Instructions for the task —
All lines from the one containing "one_page-remove_va : tlb_probe" through the last line below must be duplicated exactly, with nothing outside that span.

Stored data:
-- ===== src/Tlb/Tests.antt =====
-- The translation buffer on small inputs.
use os161_project_c.Base.{◌≡◌, none, arith, if◌then◌else◌, ◌==◌}
use os161_project_c.Tlb.{Tlb, invalid_entry, tlb_probe, remove_va}
use os161_project_c.Tlb.Replace.{IsUnique, tlb_probe-remove_va}

-- Slot 5 translates the page of 0x401000.
abbrev one_page : Tlb
one_page = record {
  entries = λ i. if i == 5 then record { hi = 0x40_1000; lo = 13824 } else invalid_entry i;
  current_victim = 60;
}

one_page-IsUnique : IsUnique one_page
one_page-IsUnique i j a b e = ground arith

-- The removal of its page.
one_page-remove_va : tlb_probe 0x40_1004 (remove_va 0x40_1004 one_page) ≡ none
one_page-remove_va = tlb_probe-remove_va one_page 0x40_1004 (omega arith) one_page-IsUnique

Result —
one_page-remove_va : tlb_probe 0x40_1004 (remove_va 0x40_1004 one_page) ≡ none
one_page-remove_va = tlb_probe-remove_va one_page 0x40_1004 (omega arith) one_page-IsUnique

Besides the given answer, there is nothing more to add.